Some folks say that a resistive dummy load (with an impedance that's pretty much all real, with little or no reactive component) is bad for a tube amp and especially bad for the output transformer. An actual speaker load has significant inductance and, therefore, a substantial reactive component to its impedance. The inductive reactance tends to resist instantaneous changes in the current through it, which (I guess) helps the tube amp to run more stably, since tube amps tend to want to run more like a current source than like the voltage source that a solid-state amp usually models.

By that reasoning, a safe dummy load should have some series inductance, in addition to DC resistance. Some power resistors are inherently inductive by the way they are made; I don't know if this is enough for what you'd want in a dummy speaker load.

Fair enough. "Inductive" here means that resistance is changing with frequency I assume, which is what a magnetic coil does. There is definitely a change in resistance here.

It is just that if the resistance changes with many Hz, I cannot think of a way to damage or otherwise change the output transformer. The reason why output transformer are damaged when run with no load is that they overheat and some of the winds melt. Changing the resistance pattern many times a second cannot build up heat.

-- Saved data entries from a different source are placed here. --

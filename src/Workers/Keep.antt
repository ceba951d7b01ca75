-- ===== src/Workers/Keep.antt =====
-- The steps of the threads and the invariant.
use icsa_artifact.Base.{ℕ, ◌+◌, ◌<◌, ◌≡◌, ◌≢◌, Bool, true, false, arith}
use icsa_artifact.Base.Int.{pos, negsuc, sub_ℕ, ◌-ℤ◌}
use icsa_artifact.Workers.Sum.{sum}
use icsa_artifact.Workers.Inv.{
  marks, outstanding, IsDag, waits, Inv, waits-update, outstanding-update, start-Inv,
}
use icsa_artifact.Workers.{
  foreign, waiting, running, executed, releasing, done, System, Step, claim, execute, count,
  release, skip, stop, Reach, begin, next,
}

module _ (n : ℕ) (adj : ℕ → ℕ → ℕ) (assigned : ℕ → Bool) (dag : IsDag adj assigned) {s : System}
    (inv : Inv n adj assigned s) where
  open dag use {binary, upper, closed}
  open inv use {degree, others, own, clear, ahead, counted}

  -- What the compare-exchange takes is assigned here, has not been taken before, and waits for
  -- nothing.
  pub claimed :
      (i : ℕ)
      → i < n
      → s.in_degree i ≡ pos 0
      → (assigned i ≡ true) × (s.phase i ≡ waiting) × (waits n adj s.phase i ≡ 0)
  claimed i h z = ground (arith, others i, own i, degree i, clear i)

  Step-degree :
      {t : System}
      → Step n adj s t
      → (j : ℕ) → j < n
      → assigned j ≡ true
      → t.in_degree j ≡ sub_ℕ (waits n adj t.phase j) (marks (t.phase j))
  unfolding ◌-ℤ◌
  Step-degree (claim i h z) j lt e =
      ground (arith, claimed i h z, degree j, waits-update n adj s.phase i running j h)
  Step-degree (execute i h p) j lt e =
      ground (arith, degree j, waits-update n adj s.phase i executed j h)
  Step-degree (count i h p) j lt e =
      ground (
        arith,
        degree j,
        upper i j,
        binary i j,
        waits-update n adj s.phase i (releasing (i + 1)) j h,
      )
  Step-degree (release i k h p lt' a) j lt e =
      ground
        (arith, degree j, ahead i k, clear k, waits-update n adj s.phase i (releasing (k + 1)) j h)
  Step-degree (skip i k h p lt' a) j lt e =
      ground (arith, degree j, binary i k, waits-update n adj s.phase i (releasing (k + 1)) j h)
  Step-degree (stop i k h p le) j lt e =
      ground (arith, degree j, waits-update n adj s.phase i done j h)

  Step-others :
      {t : System}
      → Step n adj s t
      → (j : ℕ) → assigned j ≡ false
      → (t.in_degree j ≡ negsuc 0) × (t.phase j ≡ foreign)
  Step-others (claim i h z) j e = ground (arith, claimed i h z, others j)
  Step-others (execute i h p) j e = ground (arith, others j)
  Step-others (count i h p) j e = ground (arith, others j)
  Step-others (release i k h p lt a) j e = ground (arith, others j, others i, closed i k)
  Step-others (skip i k h p lt a) j e = ground (arith, others j)
  Step-others (stop i k h p le) j e = ground (arith, others j)

  Step-own : {t : System} → Step n adj s t → (j : ℕ) → assigned j ≡ true → t.phase j ≢ foreign
  Step-own (claim i h z) j e = ground (arith, own j)
  Step-own (execute i h p) j e = ground (arith, own j)
  Step-own (count i h p) j e = ground (arith, own j)
  Step-own (release i k h p lt a) j e = ground (arith, own j)
  Step-own (skip i k h p lt a) j e = ground (arith, own j)
  Step-own (stop i k h p le) j e = ground (arith, own j)

  Step-ahead : {t : System} → Step n adj s t → (j k : ℕ) → t.phase j ≡ releasing k → j < k
  Step-ahead (claim i h z) j k e = ground (arith, ahead j k)
  Step-ahead (execute i h p) j k e = ground (arith, ahead j k)
  Step-ahead (count i h p) j k e = ground (arith, ahead j k)
  Step-ahead (release i m h p lt a) j k e = ground (arith, ahead j k, ahead i m)
  Step-ahead (skip i m h p lt a) j k e = ground (arith, ahead j k, ahead i m)
  Step-ahead (stop i m h p le) j k e = ground (arith, ahead j k)

  Step-counted :
      {t : System} → Step n adj s t → t.completed + sum (λ i. outstanding (t.phase i)) n ≡ n
  Step-counted (claim i h z) =
      ground (arith, claimed i h z, counted, outstanding-update n adj s.phase i running h)
  Step-counted (execute i h p) =
      ground (arith, counted, outstanding-update n adj s.phase i executed h)
  Step-counted (count i h p) =
      ground (arith, counted, outstanding-update n adj s.phase i (releasing (i + 1)) h)
  Step-counted (release i k h p lt a) =
      ground (arith, counted, outstanding-update n adj s.phase i (releasing (k + 1)) h)
  Step-counted (skip i k h p lt a) =
      ground (arith, counted, outstanding-update n adj s.phase i (releasing (k + 1)) h)
  Step-counted (stop i k h p le) =
      ground (arith, counted, outstanding-update n adj s.phase i done h)

  Step-clear :
      {t : System}
      → Step n adj s t
      → (j : ℕ) → j < n
      → assigned j ≡ true
      → t.phase j ≢ waiting
      → waits n adj t.phase j ≡ 0
  Step-clear (claim i h z) j lt e w =
      ground (arith, claimed i h z, clear j, waits-update n adj s.phase i running j h)
  Step-clear (execute i h p) j lt e w =
      ground (arith, clear j, waits-update n adj s.phase i executed j h)
  Step-clear (count i h p) j lt e w =
      ground (
        arith,
        clear j,
        upper i j,
        binary i j,
        waits-update n adj s.phase i (releasing (i + 1)) j h,
      )
  Step-clear (release i k h p lt' a) j lt e w =
      ground (arith, clear j, waits-update n adj s.phase i (releasing (k + 1)) j h)
  Step-clear (skip i k h p lt' a) j lt e w =
      ground (arith, clear j, waits-update n adj s.phase i (releasing (k + 1)) j h)
  Step-clear (stop i k h p le) j lt e w =
      ground (arith, clear j, waits-update n adj s.phase i done j h)

  pub Step-Inv : {t : System} → Step n adj s t → Inv n adj assigned t
  Step-Inv st = record {
    degree = Step-degree st;
    others = Step-others st;
    own = Step-own st;
    clear = Step-clear st;
    ahead = Step-ahead st;
    counted = Step-counted st;
  }

-- The invariant holds in every reachable state.
pub Reach-Inv :
    (n : ℕ) (adj : ℕ → ℕ → ℕ) (assigned : ℕ → Bool)
    → IsDag adj assigned
    → {s : System} → Reach n adj assigned s
    → Inv n adj assigned s
Reach-Inv n adj assigned dag begin = start-Inv n adj assigned dag
Reach-Inv n adj assigned dag (next r st) =
    Step-Inv n adj assigned dag (Reach-Inv n adj assigned dag r) st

Now, obviously you don't want to replace a 8 ohm impedance speaker with a D/C only resistor measuring 8 ohm D/C, because that will be a different resistance for A/C depending on frequency and the amp runs into the wrong resistance.

At the same time that illustrates why I am so skeptical about "artificial" loads damaging output transformers. The reason for me is that it is the speakers that constantly change resistance as you play. You play a full 1st fret F chord it has a different average resistance than if you play something high with the same volume. It is hard for me to imagine that the output transformer actually requires a changing resistance, and even if it does how do you ensure that your playing is the right pattern?

To me it looks far more likely that, if there is a difference at all beyond "no melting", that a constant resistance must be better.